Perhaps the closest analogy to 2000 was the crypto market this year. Digital currencies Bitcoin and ether plunged more than 60%. Over $2 trillion in value has been wiped out as speculators fled crypto. Many companies have gone bankrupt, including crypto exchange FTX, which collapsed after hitting a $32 billion valuation earlier in the year. Founder Sam Bankman-Fried now faces criminal fraud charges.

The only major Nasdaq-listed crypto company is Coinbase, which went public last year. In 2022, its shares fell 86%, wiping out more than $45 billion in market capitalization. In total, Nasdaq companies have lost nearly $9 trillion this year, according to FactSet.

At its peak in 2000, Nasdaq companies were worth about $6.6 trillion in total, and lost about $5 trillion by the time the market bottomed in October 2002.

Don’t fight the feds

Despite the similarities, things are different today.

For the most part, the 2022 meltdown was less about businesses disappearing overnight and more about investors and executives waking up to reality.

Companies are downsizing and reassess itself after a decade of growth fueled by cheap money. With the Fed raising rates to try to control inflation, investors shifted their focus from unprofitable rapid growth to demand for cash generation.

“If you just look at future cash flow without profitability, these are the companies that did very well in 2020, and those are not as defensible today,” said Shannon Saccocia, Chief Investment Officer of SVB Private, at CNBC’s “Closing Bell: Overtime” on Tuesday. “The tech is dead narrative is likely in place for the next two quarters,” Saccocia said, adding that parts of the industry “will have light at the end of this tunnel”.

'Tech is dead' narrative will only last short term until 2023, says SVB's Shannon Saccocia

The tunnel she describes is the continuation of rate hikes by the Fed, which can only end if the economy goes into recession. Either scenario is troubling for much of tech, which tends to thrive when the economy is in growth mode.
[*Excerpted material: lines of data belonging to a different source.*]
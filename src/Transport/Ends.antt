-- ===== src/Transport/Ends.antt =====
-- The handler of a connection ends.
use trebiz.Prelude.{
  ℕ, zero, suc, ◌≤◌, ◌<◌, ◌≡◌, ◌≢◌, refl, List, [], ◌∷◌, Option, none, some, Bool, true, false,
  length, arith, if◌then◌else◌,
}
use trebiz.Messages.{Bytes, Message, MsgType}
use trebiz.Transport.{Codec, IsCodec, type_of_byte, MsgWithSig}
use trebiz.Transport.Receive.{
  Command, dispatched, failed, CommandError, dispatch, decode_command, typed_command,
  handle_command, ConnEnd, cancelled, out_of_fuel, command_failed, Turns, flush_then, received,
  handle_conn,
}

shorter : (a b n : ℕ) → a ≤ b → b ≤ n → a ≤ n
shorter a b n h k = omega arith

-- A command that is dispatched leaves no more than a number of bytes.
abbrev Leaves : ℕ → Command → Type 0
Leaves n (failed e) = Unit
Leaves n (dispatched rpc rest) = length rest ≤ n

dispatched_or_not :
    (consumed : Bool) (msg : Message) (sig rest : Bytes) (n : ℕ)
    → length rest ≤ n
    → Leaves n (dispatch consumed msg (some (sig, rest)))
dispatched_or_not true msg sig rest n h = h
dispatched_or_not false msg sig rest n h = tt

module _ (c : Codec) (ok : IsCodec c) (consumed : Bool) where
  dispatch-Leaves :
      (msg : Message) (n : ℕ) (o : Option (Bytes × Bytes))
      → ((sig rest : Bytes) → o ≡ some (sig, rest) → length rest ≤ n)
      → Leaves n (dispatch consumed msg o)
  dispatch-Leaves msg n none h = tt
  dispatch-Leaves msg n (some (sig, rest)) h =
      dispatched_or_not consumed msg sig rest n (h sig rest refl)

  decode_command-Leaves :
      (n : ℕ) (o : Option (Message × Bytes))
      → ((msg : Message) (rest : Bytes) → o ≡ some (msg, rest) → length rest ≤ n)
      → Leaves n (decode_command c consumed o)
  decode_command-Leaves n none h = tt
  decode_command-Leaves n (some (msg, rest)) h =
      dispatch-Leaves msg n (c.decode_bytes rest) λ sig rest' found.
        shorter (length rest') (length rest) n (ok.bytes_left rest rest' sig found)
          (h msg rest refl)

  typed_command-Leaves :
      (ty : Option MsgType) (b : ℕ) (rest : Bytes)
      → Leaves (length rest) (typed_command c consumed ty b rest)
  typed_command-Leaves none b rest = tt
  typed_command-Leaves (some ty) b rest =
      decode_command-Leaves (length rest) (c.decode_args ty rest)
        λ msg rest' found. ok.args_left ty rest rest' msg found

module _ where
  not_starved :
      (b : Bool) (x : List MsgWithSig × ConnEnd)
      → x.1 ≢ out_of_fuel
      → (flush_then b x).1 ≢ out_of_fuel
  not_starved true x h = h
  not_starved false x h = λ e. absurd cc

  -- One turn, given what its command leaves.
  turn-ends :
      (stopped : Bool) (cmd : Command) (flushed : Bool) (later : Bytes → List MsgWithSig × ConnEnd)
      (n : ℕ)
      → Leaves n cmd
      → ((rest : Bytes) → length rest ≤ n → (later rest).1 ≢ out_of_fuel)
      → (if stopped then ([], cancelled) else elim cmd as (λ _. List MsgWithSig × ConnEnd) [
        | failed e ↦ ([], command_failed e)
        | dispatched rpc rest ↦ received rpc (flush_then flushed (later rest))
      ]).1
        ≢ out_of_fuel
  turn-ends true cmd flushed later n h k = λ e. absurd cc
  turn-ends false (failed e) flushed later n h k = λ e. absurd cc
  turn-ends false (dispatched rpc rest) flushed later n h k =
      not_starved flushed (later rest) (k rest h)

at_end :
    (stopped : Bool)
    → let end : List MsgWithSig × ConnEnd =
        if stopped then ([], cancelled) else ([], command_failed CommandError.eof) in
      end.1 ≢ out_of_fuel
at_end true = λ e. absurd cc
at_end false = λ e. absurd cc

-- The handler of a connection ends: by an error, by its context, or by the end of the stream. It takes no more
-- turns than the stream has bytes and one more, if decoding does not lengthen the stream.
pub handle_conn-ends :
    (c : Codec) (ok : IsCodec c) (net : Turns) (turns : ℕ) (stream : Bytes)
    → length stream < turns
    → (handle_conn c net turns stream).1 ≢ out_of_fuel
unfolding handle_conn handle_command
handle_conn-ends c ok net zero stream h = absurd (omega arith)
handle_conn-ends c ok net (suc n) [] h = at_end (net.is_cancelled n)
handle_conn-ends c ok net (suc n) (b ∷ stream) h =
    turn-ends (net.is_cancelled n) (typed_command c (net.is_consumed n) (type_of_byte b) b stream)
      (net.is_flushed n) (handle_conn c net n) (length stream)
      (typed_command-Leaves c ok (net.is_consumed n) (type_of_byte b) b stream)
      λ rest le. handle_conn-ends c ok net n rest (omega arith)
In mid-December, the The Fed lifted its benchmark interest rate at its highest in 15 years, bringing it to a target range of 4.25% to 4.5%. The rate was anchored near zero during the pandemic as well as in the years following the financial crisis.

Chamath Palihapitiya, technology investor told CNBC at the end of October, that more than a decade of zero interest rates “has perverted the market” and “allowed follies and asset bubbles to develop in every sector of the economy”.

Palihapitiya has benefited as much as anyone from the cheap money available, pioneering investments in special purpose acquisition companies (SPACs), blank check entities that seek companies to take public through a merger reversed.

With no yield available on fixed income and with technology attracting stratospheric valuations, SPACs took off, breeding more than $160 billion on U.S. exchanges in 2021, nearly double the previous year, according to data from PSPC Research. That figure has dropped to $13.4 billion this year. CNBC Post-SPAC indexcomposed of the largest companies that debuted via SPACs in the past two years, lost two-thirds of its value in 2022.